There’s been some discussion on how to manage security issues through the GitHub Security Advisory mechanism.
The hardest part about this is that there are two steps (“Accept” from third party, “Request CVE”) that should be low-threshold, but from the way GitHub sets up things can only be done by members of a group whose role is Admin. We should keep Admin small because this grants a bunch of other privileges that a) probably not everyone should have, and b) people may not even want (like, I prefer to keep my privileges low for accounts I’m logged in with a lot).
The current proposal for workflow with these is:
- User reports a GSA
- Someone in the Owners or Maintainers does a few cheap steps
- Check whether the report is spam or plausibly a RIOT security issue. This doesn’t need to be thorough, like, no need to read any code, just reject if someone is obviously trolling. If it’s good,
- add a particular group to the report (see below)
- click “accept”
- click “request CVE” (unless one is assigned already, in which case the button is not there anyway)
- From there, maintainers can take it – adding comments, interacting with the reporter, editing the advisory, possibly going through the private fork which is yet something to be explored.
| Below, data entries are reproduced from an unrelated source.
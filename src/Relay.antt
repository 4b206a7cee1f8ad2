-- ===== src/Relay.antt =====
-- The crate relay/.
pub mod Candidates
pub mod Connections
pub mod Core
pub mod ExitHandler
pub mod ExitNetwork
pub mod Forwarding
pub mod ForwardingManager
pub mod Registry
pub mod RouteSelection
pub mod Sessions
pub mod State
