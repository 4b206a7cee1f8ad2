-- ===== src/Relay/Candidates/Eligibility.antt =====
-- `RelayCandidate::from_metadata`: which advertisements make a candidate.
use real_layer.Base.{
  ℕ, zero, suc, ap, Among, get_elem?, ◌-◌, ◌≤◌, ◌≡◌, ◌≢◌, not, String, List, [], ◌∷◌, Option, none,
  some, ok, arith, ◌==◌, string_eq, true, false, any, All, All-weaken, Option-cases, Bool-cases,
  Result-cases, inl, inr, Bool,
}
use text.Mathlib.TextEquality.{eq_iff}
use real_layer.Network.Session.Primitives.{Primitives}
use real_layer.Relay.State.{offline, status_eq}
use real_layer.Relay.Candidates.{
  Addresses, RelayMetadata, RelayCandidate, CandidateRequirements, validate, from_metadata,
  candidate_of, member, find_missing, refuse_missing, duration_since, is_stale, address_text,
  known_capabilities,
}

-- What a candidate's advertisement promises.
pub record IsOffer {P : Type 0} (m : RelayMetadata P) (r : CandidateRequirements) (now : ℕ)
    : Type 0 where
  pub protocol : m.protocol_version ≡ r.protocol_version
  pub past : m.timestamp ≤ now
  pub fresh : now - m.timestamp ≤ r.heartbeat_freshness
  pub alive : (t : ℕ) → m.last_heartbeat ≡ some t → (t ≤ now) × (now - t ≤ r.heartbeat_freshness)
  pub reachable : m.status ≢ offline
  pub transports : All (λ t. t ≡ "quic") m.supported_transports
  pub transport : Among r.required_transport m.supported_transports
  pub known : All (λ c. Among c known_capabilities) m.capabilities
  pub capable : All (λ c. Among c m.capabilities) r.required_capabilities

any-false-All :
    {A : Type 0} (p : A → Bool) (xs : List A) → any p xs ≡ false → All (λ x. p x ≡ false) xs
any-false-All p [] h = tt
any-false-All p (x ∷ xs) h = (ground arith, any-false-All p xs (ground arith))

pub member-Among : (x : String) (xs : List String) → member x xs ≡ true → Among x xs
member-Among x [] h = absurd (ground arith)
member-Among x (y ∷ ys) h = elim (Bool-cases (y == x)) [
  | inl same ↦ (0, ap some ((eq_iff y x).0 same))
  | inr other ↦ let rest = member-Among x ys (ground arith) in (suc (rest.0), rest.1)
]

pub Among-member :
    (x : String) (xs : List String) (i : ℕ) → get_elem? xs i ≡ some x → member x xs ≡ true
Among-member x [] i h = absurd (ground arith)
Among-member x (y ∷ ys) zero h = ground (arith, eq_iff y x)
Among-member x (y ∷ ys) (suc i) h = ground (arith, Among-member x ys i h)

find_missing-none :
    (required offered : List String)
    → find_missing required offered ≡ none
    → All (λ c. Among c offered) required
unfolding find_missing
find_missing-none [] offered h = tt
find_missing-none (c ∷ cs) offered h =
    (member-Among c offered (ground arith), find_missing-none cs offered (ground arith))

not_quic : (t : String) → not (t == "quic") ≡ false → t ≡ "quic"
not_quic t h = ground (arith, eq_iff t "quic")

unknown_no : (c : String) → not (member c known_capabilities) ≡ false → Among c known_capabilities
unknown_no c h = member-Among c known_capabilities (ground arith)

is_stale-false :
    (last : Option ℕ) (now freshness : ℕ)
    → is_stale last now freshness ≡ false
    → (t : ℕ) → last ≡ some t
    → (t ≤ now) × (now - t ≤ freshness)
unfolding is_stale duration_since
is_stale-false last now freshness h t e = (ground arith, ground arith)

module _ (lib : Primitives) (addresses : Addresses) where
  open lib use {PeerId}
  open addresses use {Multiaddr}

  -- What `validate` has checked.
  record IsValid (expected : String) (now freshness : ℕ) (m : RelayMetadata PeerId) : Type 0 where
    pub protocol : m.protocol_version ≡ expected
    pub past : m.timestamp ≤ now
    pub fresh : now - m.timestamp ≤ freshness
    pub alive : is_stale m.last_heartbeat now freshness ≡ false
    pub transports : any (λ transport. not (transport == "quic")) m.supported_transports ≡ false
    pub known : any (λ c. not (member c known_capabilities)) m.capabilities ≡ false

  validate-IsValid :
      (expected : String) (now freshness : ℕ) (m : RelayMetadata PeerId)
      → validate lib addresses expected now freshness m ≡ ok tt
      → IsValid expected now freshness m
  unfolding validate duration_since
  validate-IsValid expected now freshness m h = elim (Option-cases (address_text m)) [
    | inl none_there ↦ absurd (ground arith)
    | inr (text, e) ↦ elim (Option-cases (addresses.parse text)) [
      | inl bad ↦ absurd (ground arith)
      | inr (a, parsed) ↦ record {
        protocol = ground (arith, eq_iff m.protocol_version expected);
        past = ground arith;
        fresh = ground arith;
        alive = ground arith;
        transports = ground arith;
        known = ground arith;
      }
    ]
  ]

  -- A candidate is made only of an advertisement that has the required protocol version, lists the
  -- required transport and every required capability, names no transport but QUIC and no capability
  -- that is not known, and whose timestamp and heartbeat are neither in the future nor too old, from a
  -- relay that is not offline; it carries the advertisement's values and its parsed address.
  pub from_metadata-IsOffer :
      (m : RelayMetadata PeerId) (r : CandidateRequirements) (now : ℕ)
      (c : RelayCandidate PeerId Multiaddr)
      → from_metadata lib addresses m r now ≡ ok c
      → IsOffer m r now
        × ((text : String) × (a : Multiaddr) × (address_text m ≡ some text)
            × (addresses.parse text ≡ some a)
            × (c ≡ candidate_of lib addresses m a))
  unfolding from_metadata
  from_metadata-IsOffer m r now c h =
      elim (Result-cases (validate lib addresses r.protocol_version now r.heartbeat_freshness m)) [
        | inr (x, e) ↦ absurd (ground arith)
        | inl (u, checked) ↦ elim (Option-cases (address_text m)) [
          | inl e ↦ absurd (ground arith)
          | inr (text, e) ↦ elim (Option-cases (addresses.parse text)) [
            | inl bad ↦ absurd (ground arith)
            | inr (a, parsed) ↦
                elim (Option-cases (find_missing r.required_capabilities m.capabilities)) [
                  | inr (missing, e₃) ↦ unfold refuse_missing in absurd (ground arith)
                  | inl e₃ ↦
                      unfold refuse_missing in
                      (
                        offer
                            (validate-IsValid r.protocol_version now r.heartbeat_freshness m
                              checked)
                            (λ gone. ground arith) (ground arith) e₃,
                        (text, a, e, parsed, ground arith),
                      )
                ]
          ]
        ]
      ]
    where
      offer :
          IsValid r.protocol_version now r.heartbeat_freshness m
          → m.status ≢ offline
          → member r.required_transport m.supported_transports ≡ true
          → find_missing r.required_capabilities m.capabilities ≡ none
          → IsOffer m r now
      offer v there transport complete =
          let quic =
            All-weaken not_quic m.supported_transports
              (any-false-All (λ t. not (t == "quic")) m.supported_transports v.transports) in
          record {
            protocol = v.protocol;
            past = v.past;
            fresh = v.fresh;
            alive = is_stale-false m.last_heartbeat now r.heartbeat_freshness v.alive;
            reachable = there;
            transports = quic;
            transport = member-Among r.required_transport m.supported_transports transport;
            known =
                All-weaken unknown_no m.capabilities
                  (any-false-All (λ t. not (member t known_capabilities)) m.capabilities v.known);
            capable = find_missing-none r.required_capabilities m.capabilities complete;
          }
- When a fixed version is released, we’ll need someone from Owners or Maintainers again.
If the current Owners and Maintainers can do the assignment steps, I’d be glad to have the security group (currently just Kaspar and me) removed again, as it gives me more rights than I should have – but if not, I can stay there to help with the triage.
An open question is which group should be assigned – I wouldn’t view this as a secrecy concern (security issues are regularly discussed on the riot-maintainers channel; being a maintainer is good enough here) but as a concern of being pinged about every new security issue. What do you prefer there?
- Assign “all maintainers” to security issues (eg. because I prefer everyone to push security issues to the group)
- Assign a new subgroup of maintainers to security issues (eg. because I don’t want to be pinged about every security issue)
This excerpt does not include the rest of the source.